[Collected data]
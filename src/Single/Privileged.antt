-- ===== src/Single/Privileged.antt =====
-- What only the DAO may do, and that none of it touches a proposal or a ballot.
use dao_contracts.Prelude.{
  ◌≡◌, refl, sym, Bool, true, false, List, Outcome, ok, map_err, ◌==◌, ==_iff, ==_sym, >>=-eq-ok,
  guard-eq-ok, ok-injective,
}
use mathlib.Core.Path.{subst}
use dao_contracts.Cosmwasm.{Addr, BlockInfo, CwUtils}
use dao_contracts.Voting.Threshold
use dao_contracts.Voting.Veto.{validate_voting_period}
use dao_contracts.Hooks.{add_hook, remove_hook}
use dao_contracts.Single.State.{
  State, ContractError, Chain, std_or, hook_error, threshold_error, voting_error,
}
use dao_contracts.Single.Messages.{SubMsg, PreProposeInfo}
use dao_contracts.Single.Contract.{
  ExecuteMsg, update_config, update_pre_propose_info, update_delegation_module, add_proposal_hook,
  remove_proposal_hook, add_vote_hook, remove_vote_hook, execute,
}
use dao_contracts.Single.Contract.Admin.{
  Settings, validate_veto, execute_update_config, execute_update_proposal_creation_policy,
  execute_update_delegation_module, execute_add_proposal_hook, execute_remove_proposal_hook,
  execute_add_vote_hook, execute_remove_vote_hook,
}

-- The messages of the DAO
abbrev pub is_privileged : ExecuteMsg → Bool
is_privileged (update_config m dao) = true
is_privileged (update_pre_propose_info i) = true
is_privileged (update_delegation_module a) = true
is_privileged (add_proposal_hook a) = true
is_privileged (remove_proposal_hook a) = true
is_privileged (add_vote_hook a) = true
is_privileged (remove_vote_hook a) = true
is_privileged _ = false

-- The proposals, their number and the ballots are the same.
pub record SameVotes (s t : State) : Type 0 where
  pub proposals : t.proposals ≡ s.proposals
  pub ballots : t.ballots ≡ s.ballots
  pub proposal_count : t.proposal_count ≡ s.proposal_count

abbrev pub ByDao : Addr → State → State → Type 0
ByDao sender s t = (sender ≡ s.config.dao) × SameVotes s t

module _ (chain : Chain) (sender : Addr) (s : State) (r : State × List SubMsg) where
  by_dao :
      {t : State} {msgs : List SubMsg}
      → (s.config.dao == sender) ≡ true
      → ◌≡◌ {A = Outcome ContractError (State × List SubMsg)} (ok (t, msgs)) (ok r)
      → SameVotes s t
      → ByDao sender s r.0
  by_dao {t} {msgs} d e same =
      subst (λ (x : State × List SubMsg). ByDao sender s x.0) (ok-injective e)
        (sym ((==_iff _ _).0 d), same)

  update_config-ByDao :
      (m : Settings) (dao : Addr)
      → execute_update_config chain sender m dao s ≡ ok r
      → ByDao sender s r.0
  unfolding execute_update_config
  update_config-ByDao m dao h =
      let (d, h1) = guard-eq-ok _ _ _ h in
      let (_, _, h2) = >>=-eq-ok (map_err threshold_error (Threshold.validate m.threshold)) _ h1 in
      let (a, _, h3) = >>=-eq-ok (std_or (chain.addr_validate dao)) _ h2 in
      let (periods, _, h4) =
        >>=-eq-ok
          (map_err voting_error (validate_voting_period m.min_voting_period m.max_voting_period)) _
          h3 in
      let (_, _, e) = >>=-eq-ok (validate_veto chain m.veto periods.1) _ h4 in
      by_dao (==_sym sender s.config.dao d) e
        (record { proposals = refl; ballots = refl; proposal_count = refl })

  update_policy-ByDao :
      (i : PreProposeInfo)
      → execute_update_proposal_creation_policy chain sender i s ≡ ok r
      → ByDao sender s r.0
  unfolding execute_update_proposal_creation_policy
  update_policy-ByDao i h =
      let (d, e) = guard-eq-ok _ _ _ h in
      by_dao d e (record { proposals = refl; ballots = refl; proposal_count = refl })

  update_delegation-ByDao :
      (a : Addr) → execute_update_delegation_module chain sender a s ≡ ok r → ByDao sender s r.0
  unfolding execute_update_delegation_module
  update_delegation-ByDao a h =
      let (d, h1) = guard-eq-ok _ _ _ h in
      let (v, _, e) = >>=-eq-ok (std_or (chain.addr_validate a)) _ h1 in
      by_dao d e (record { proposals = refl; ballots = refl; proposal_count = refl })

  add_proposal_hook-ByDao :
      (a : Addr) → execute_add_proposal_hook chain sender a s ≡ ok r → ByDao sender s r.0
  unfolding execute_add_proposal_hook
  add_proposal_hook-ByDao a h =
      let (d, h1) = guard-eq-ok _ _ _ h in
      let (v, _, h2) = >>=-eq-ok (std_or (chain.addr_validate a)) _ h1 in
      let (hooks, _, e) = >>=-eq-ok (map_err hook_error (add_hook s.proposal_hooks v)) _ h2 in
      by_dao d e (record { proposals = refl; ballots = refl; proposal_count = refl })

  remove_proposal_hook-ByDao :
      (a : Addr) → execute_remove_proposal_hook chain sender a s ≡ ok r → ByDao sender s r.0
  unfolding execute_remove_proposal_hook
  remove_proposal_hook-ByDao a h =
      let (d, h1) = guard-eq-ok _ _ _ h in
      let (v, _, h2) = >>=-eq-ok (std_or (chain.addr_validate a)) _ h1 in
      let (hooks, _, e) = >>=-eq-ok (map_err hook_error (remove_hook s.proposal_hooks v)) _ h2 in
      by_dao d e (record { proposals = refl; ballots = refl; proposal_count = refl })

  add_vote_hook-ByDao :
      (a : Addr) → execute_add_vote_hook chain sender a s ≡ ok r → ByDao sender s r.0
  unfolding execute_add_vote_hook
  add_vote_hook-ByDao a h =
      let (d, h1) = guard-eq-ok _ _ _ h in
      let (v, _, h2) = >>=-eq-ok (std_or (chain.addr_validate a)) _ h1 in
      let (hooks, _, e) = >>=-eq-ok (map_err hook_error (add_hook s.vote_hooks v)) _ h2 in
      by_dao d e (record { proposals = refl; ballots = refl; proposal_count = refl })

  remove_vote_hook-ByDao :
      (a : Addr) → execute_remove_vote_hook chain sender a s ≡ ok r → ByDao sender s r.0
  unfolding execute_remove_vote_hook
  remove_vote_hook-ByDao a h =
      let (d, h1) = guard-eq-ok _ _ _ h in
      let (v, _, h2) = >>=-eq-ok (std_or (chain.addr_validate a)) _ h1 in
      let (hooks, _, e) = >>=-eq-ok (map_err hook_error (remove_hook s.vote_hooks v)) _ h2 in
      by_dao d e (record { proposals = refl; ballots = refl; proposal_count = refl })

-- The messages that configure the module, its hooks, its pre-propose and its delegation module are
-- accepted from the DAO alone, and leave every proposal and every ballot as it is.
pub privileged-ByDao :
    (cw : CwUtils) (chain : Chain) (block : BlockInfo) (sender : Addr) (msg : ExecuteMsg)
    (s : State) (r : State × List SubMsg)
    → is_privileged msg ≡ true
    → execute cw chain block sender msg s ≡ ok r
    → ByDao sender s r.0
unfolding execute
privileged-ByDao cw chain block sender (update_config m dao) s r d h =
    update_config-ByDao chain sender s r m dao h
privileged-ByDao cw chain block sender (update_pre_propose_info i) s r d h =
    update_policy-ByDao chain sender s r i h
privileged-ByDao cw chain block sender (update_delegation_module a) s r d h =
    update_delegation-ByDao chain sender s r a h
privileged-ByDao cw chain block sender (add_proposal_hook a) s r d h =
    add_proposal_hook-ByDao chain sender s r a h
privileged-ByDao cw chain block sender (remove_proposal_hook a) s r d h =
    remove_proposal_hook-ByDao chain sender s r a h
privileged-ByDao cw chain block sender (add_vote_hook a) s r d h =
    add_vote_hook-ByDao chain sender s r a h
privileged-ByDao cw chain block sender (remove_vote_hook a) s r d h =
    remove_vote_hook-ByDao chain sender s r a h
privileged-ByDao cw chain block sender _ s r d h = cc
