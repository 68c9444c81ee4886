-- ===== src/Single/Tallied.antt =====
-- The invariant of the proposal module: both tallies of a proposal are the sums of what its ballots
-- count. The proofs for the operations are in the modules below.
pub mod Retract
pub mod Override
pub mod Voting
pub mod Steps
pub mod Execute
use dao_contracts.Prelude.{ℕ, ◌+◌, ◌<◌, ◌≡◌, Bool, true, false, ◌≢◌, Option, none, some}
use dao_contracts.Voting.Votes.{Votes, Vote, zero_votes, get}
use dao_contracts.Single.Proposal.{SingleChoiceProposal}
use dao_contracts.Single.State.{Ballot, State}
use dao_contracts.Single.Ballots.{tally}
use dao_contracts.Single.Delegates.{Tallies}

abbrev pub power_of : Ballot → ℕ
power_of b = b.power

abbrev pub individual_of : Ballot → ℕ
individual_of b = b.individual_power

abbrev pub votes_of : Option SingleChoiceProposal → Votes
votes_of none = zero_votes
votes_of (some p) = p.votes

abbrev pub individual_votes_of : Option SingleChoiceProposal → Votes
individual_votes_of none = zero_votes
individual_votes_of (some p) = p.individual_votes

pub record IsTallied (s : State) : Type 0 where
  pub votes :
      (id : ℕ) (o : Vote) → get (votes_of (s.proposals id)) o ≡ tally power_of id o s.ballots
  pub individual_votes :
      (id : ℕ) (o : Vote)
      → get (individual_votes_of (s.proposals id)) o ≡ tally individual_of id o s.ballots
  pub fresh : (id : ℕ) → s.proposal_count < id → s.proposals id ≡ none

-- A change of the ballots and the tally of one proposal that keeps them in step, and the sums of
-- individual power and of the other proposals as they are.
pub record Balanced (id : ℕ) (t t' : Tallies) : Type 0 where
  pub balance :
      (o : Vote)
      → get t'.votes o + tally power_of id o t.ballots
        ≡ get t.votes o + tally power_of id o t'.ballots
  pub others :
      (id' : ℕ) (o : Vote)
      → id ≢ id'
      → tally power_of id' o t'.ballots ≡ tally power_of id' o t.ballots
  pub individual :
      (id' : ℕ) (o : Vote)
      → tally individual_of id' o t'.ballots ≡ tally individual_of id' o t.ballots
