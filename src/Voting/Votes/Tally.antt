-- ===== src/Voting/Votes/Tally.antt =====
-- Adding and removing votes.
use dao_contracts.Prelude.{ℕ, ◌+◌, ◌<◌, ◌≡◌, arith, if◌then◌else◌, ok, ◌>>=◌}
use dao_contracts.Cosmwasm.{u128_mod}
use dao_contracts.Voting.Votes.{Votes, Vote, add_vote, remove_vote, total, get, same_vote}

-- The number of votes cast, whatever it is.
abbrev pub cast : Votes → ℕ
cast v = v.yes + v.no + v.abstain

module _ {E : Type 0} where
  -- A total that fits `Uint128` is the sum.
  pub total-cast : (v : Votes) → cast v < u128_mod → total {E = E} v ≡ ok (cast v)
  unfolding total
  total-cast v h = ground arith

  -- An added vote counts for its option and for no other, and for the sum.
  pub add_vote_adds :
      (o o' : Vote) (power : ℕ) (v w : Votes)
      → add_vote {E = E} o power v ≡ ok w
      → (get w o' ≡ get v o' + (if same_vote o o' then power else 0)) × (cast w ≡ cast v + power)
  unfolding add_vote get
  add_vote_adds Vote.yes Vote.yes power v w h = ground arith
  add_vote_adds Vote.no Vote.yes power v w h = ground arith
  add_vote_adds Vote.abstain Vote.yes power v w h = ground arith
  add_vote_adds Vote.yes Vote.no power v w h = ground arith
  add_vote_adds Vote.no Vote.no power v w h = ground arith
  add_vote_adds Vote.abstain Vote.no power v w h = ground arith
  add_vote_adds Vote.yes Vote.abstain power v w h = ground arith
  add_vote_adds Vote.no Vote.abstain power v w h = ground arith
  add_vote_adds Vote.abstain Vote.abstain power v w h = ground arith

  -- A removed vote was there, and is taken from its option and no other, and from the sum.
  pub remove_vote_removes :
      (o o' : Vote) (power : ℕ) (v w : Votes)
      → remove_vote {E = E} o power v ≡ ok w
      → (get v o' ≡ get w o' + (if same_vote o o' then power else 0)) × (cast v ≡ cast w + power)
  unfolding remove_vote get
  remove_vote_removes Vote.yes Vote.yes power v w h = ground arith
  remove_vote_removes Vote.no Vote.yes power v w h = ground arith
  remove_vote_removes Vote.abstain Vote.yes power v w h = ground arith
  remove_vote_removes Vote.yes Vote.no power v w h = ground arith
  remove_vote_removes Vote.no Vote.no power v w h = ground arith
  remove_vote_removes Vote.abstain Vote.no power v w h = ground arith
  remove_vote_removes Vote.yes Vote.abstain power v w h = ground arith
  remove_vote_removes Vote.no Vote.abstain power v w h = ground arith
  remove_vote_removes Vote.abstain Vote.abstain power v w h = ground arith

  -- What was added can be removed again, and the tally is as before.
  pub remove_vote-add_vote :
      (o : Vote) (power : ℕ) (v : Votes)
      → get v o + power < u128_mod
      → (add_vote {E = E} o power v >>= remove_vote o power) ≡ ok v
  unfolding add_vote remove_vote get
  remove_vote-add_vote Vote.yes power v h = ground arith
  remove_vote-add_vote Vote.no power v h = ground arith
  remove_vote-add_vote Vote.abstain power v h = ground arith
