-- ===== src/Single/Tallied/Retract.antt =====
-- What a changed vote takes off the tallies.
use dao_contracts.Prelude.{
  ◌+◌, ◌≡◌, Option, none, some, arith, ok, ◌>>=◌, >>=-eq-ok, if-cases, inl, inr,
}
use dao_contracts.Voting.Votes.{Vote, same_vote, get, remove_vote}
use dao_contracts.Voting.Votes.Tally.{remove_vote_removes}
use dao_contracts.Single.Proposal.{SingleChoiceProposal}
use dao_contracts.Single.State.{Ballot, ContractError}
use dao_contracts.Single.Ballots.{counted}
use dao_contracts.Single.Contract.Vote.{retract}
use dao_contracts.Single.Tallied.{power_of, individual_of}

-- The proposal's tallies are those after the retraction and what the last ballot counted.
abbrev pub Retracted : SingleChoiceProposal → Option Ballot → Vote → SingleChoiceProposal → Type 0
Retracted prop last o p =
    (get prop.votes o ≡ get p.votes o + counted power_of o last)
    × (get prop.individual_votes o ≡ get p.individual_votes o + counted individual_of o last)

remove_both :
    (prop p : SingleChoiceProposal) (b : Ballot) (o : Vote)
    → (do
      votes ← remove_vote {E = ContractError} b.vote b.power prop.votes
      individual_votes ← remove_vote b.vote b.individual_power prop.individual_votes
      ok (record prop { votes = votes; individual_votes = individual_votes }))
      ≡ ok p
    → Retracted prop (some b) o p
remove_both prop p b o h =
    let (v, hv, h') = >>=-eq-ok (remove_vote b.vote b.power prop.votes) _ h in
    let (w, hw, e) = >>=-eq-ok (remove_vote b.vote b.individual_power prop.individual_votes) _ h' in
    ground (
      arith,
      remove_vote_removes b.vote o b.power prop.votes v hv,
      remove_vote_removes b.vote o b.individual_power prop.individual_votes w hw,
    )

pub retract-Retracted :
    (prop p : SingleChoiceProposal) (vote o : Vote) (last : Option Ballot)
    → retract prop vote last ≡ ok p
    → Retracted prop last o p
unfolding retract
retract-Retracted prop p vote o none h = ground arith
retract-Retracted prop p vote o (some b) h = elim (if-cases prop.allow_revoting _ _ h) [
  | inl (_, h') ↦ elim (if-cases (same_vote b.vote vote) _ _ h') [
    | inl (_, e) ↦ cc
    | inr (_, e) ↦ remove_both prop p b o e
  ]
  | inr (_, e) ↦ cc
]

* What this task involves
Beginning with the line that has "is_privileged (update_config m dao) = true" and ending with the line that has "update_config-ByDao m dao", set down the lines above exactly and include no others.

* Answer section
is_privileged (update_config m dao) = true
is_privileged (update_pre_propose_info i) = true
is_privileged (update_delegation_module a) = true
is_privileged (add_proposal_hook a) = true
is_privileged (remove_proposal_hook a) = true
is_privileged (add_vote_hook a) = true
is_privileged (remove_vote_hook a) = true
is_privileged _ = false

-- The proposals, their number and the ballots are the same.
pub record SameVotes (s t : State) : Type 0 where
  pub proposals : t.proposals ≡ s.proposals
  pub ballots : t.ballots ≡ s.ballots
  pub proposal_count : t.proposal_count ≡ s.proposal_count

abbrev pub ByDao : Addr → State → State → Type 0
ByDao sender s t = (sender ≡ s.config.dao) × SameVotes s t

module _ (chain : Chain) (sender : Addr) (s : State) (r : State × List SubMsg) where
  by_dao :
      {t : State} {msgs : List SubMsg}
      → (s.config.dao == sender) ≡ true
      → ◌≡◌ {A = Outcome ContractError (State × List SubMsg)} (ok (t, msgs)) (ok r)
      → SameVotes s t
      → ByDao sender s r.0
  by_dao {t} {msgs} d e same =
      subst (λ (x : State × List SubMsg). ByDao sender s x.0) (ok-injective e)
        (sym ((==_iff _ _).0 d), same)

  update_config-ByDao :
      (m : Settings) (dao : Addr)
      → execute_update_config chain sender m dao s ≡ ok r
      → ByDao sender s r.0
  unfolding execute_update_config
  update_config-ByDao m dao h =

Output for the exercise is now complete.